Saved entries:
####################

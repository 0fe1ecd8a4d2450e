-- ===== src/Drill/Steps.antt =====
-- Steps that record what they do, stop at an early return, and run what was deferred.
use fire_drill.Base.{List, [], ◌∷◌, ◌++◌, Result, ok, err, ◌≡◌, refl, subst}
use fire_drill.Drill.World.{Event, Stop}

pub record Step (A : Type 0) : Type 0 where
  pub outcome : Result Stop A
  pub events : List Event

abbrev pub after : {A : Type 0} → List Event → Step A → Step A
after events s = record { outcome = s.outcome; events = events ++ s.events }

abbrev pub next : {A B : Type 0} → Result Stop A → List Event → (A → Step B) → Step B
next (ok a) events f = after events (f a)
next (err e) events f = record { outcome = err e; events = events }

infixl 5 ◌>>=◌ ◌>>◌
abbrev pub ◌>>=◌ : {A B : Type 0} → Step A → (A → Step B) → Step B
s >>= f = next s.outcome s.events f

abbrev pub ◌>>◌ : {B : Type 0} → Step (Unit {0}) → Step B → Step B
s >> t = s >>= λ _. t

abbrev pub pure : {A : Type 0} → A → Step A
pure a = record { outcome = ok a; events = [] }

abbrev pub emit : Event → Step (Unit {0})
emit e = record { outcome = ok tt; events = e ∷ [] }

-- `if err != nil { return … }`
abbrev pub attempt : {E A : Type 0} → Result E A → (E → Stop) → Step A
attempt (ok a) stop = pure a
attempt (err e) stop = record { outcome = err (stop e); events = [] }

-- `defer`: the event happens however the steps end.
abbrev pub deferring : {A : Type 0} → Event → Step A → Step A
deferring e s = record { outcome = s.outcome; events = s.events ++ (e ∷ []) }

-- What holds of the value whenever the steps end without an early return.
pub record Ends {A : Type 0} (P : A → Type 0) (s : Step A) : Type 0 where
  pub at : (a : A) → s.outcome ≡ ok a → P a

next-ends :
    {A B : Type 0} (P : B → Type 0) (o : Result Stop A) (es : List Event) (f : A → Step B)
    → ((a : A) → o ≡ ok a → Ends P (f a))
    → (b : B) → (next o es f).outcome ≡ ok b
    → P b
next-ends P (ok a) es f h b e = (h a refl).at b e
next-ends P (err x) es f h b e = absurd (cc)

module _ {A B : Type 0} (P : B → Type 0) where
  pub Ends-bind :
      (s : Step A) (f : A → Step B) → ((a : A) → s.outcome ≡ ok a → Ends P (f a)) → Ends P (s >>= f)
  Ends-bind s f h = record { at = next-ends P s.outcome s.events f h }

  -- The first step is a call that may fail.
  pub Ends-attempt :
      {E : Type 0} (r : Result E A) (stop : E → Stop) (f : A → Step B)
      → ((a : A) → r ≡ ok a → Ends P (f a))
      → Ends P (attempt r stop >>= f)
  Ends-attempt (ok a) stop f h = record { at = λ b e. (h a refl).at b e }
  Ends-attempt (err x) stop f h = record { at = λ b e. absurd (cc) }

pub Ends-pure : {A : Type 0} (P : A → Type 0) (a : A) → P a → Ends P (pure a)
Ends-pure P a p = record { at = λ b e. let same : a ≡ b = cc in subst P same p }

pub Ends-deferring :
    {A : Type 0} (P : A → Type 0) (event : Event) (s : Step A)
    → Ends P s
    → Ends P (deferring event s)
Ends-deferring P event s h = record { at = h.at }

####################

■ Problem requirements: Only the lines containing "refl" are needed; copy each of them from the data.

■ Written answer:
use fire_drill.Base.{List, [], ◌∷◌, ◌++◌, Result, ok, err, ◌≡◌, refl, subst}
next-ends P (ok a) es f h b e = (h a refl).at b e
  Ends-attempt (ok a) stop f h = record { at = λ b e. (h a refl).at b e }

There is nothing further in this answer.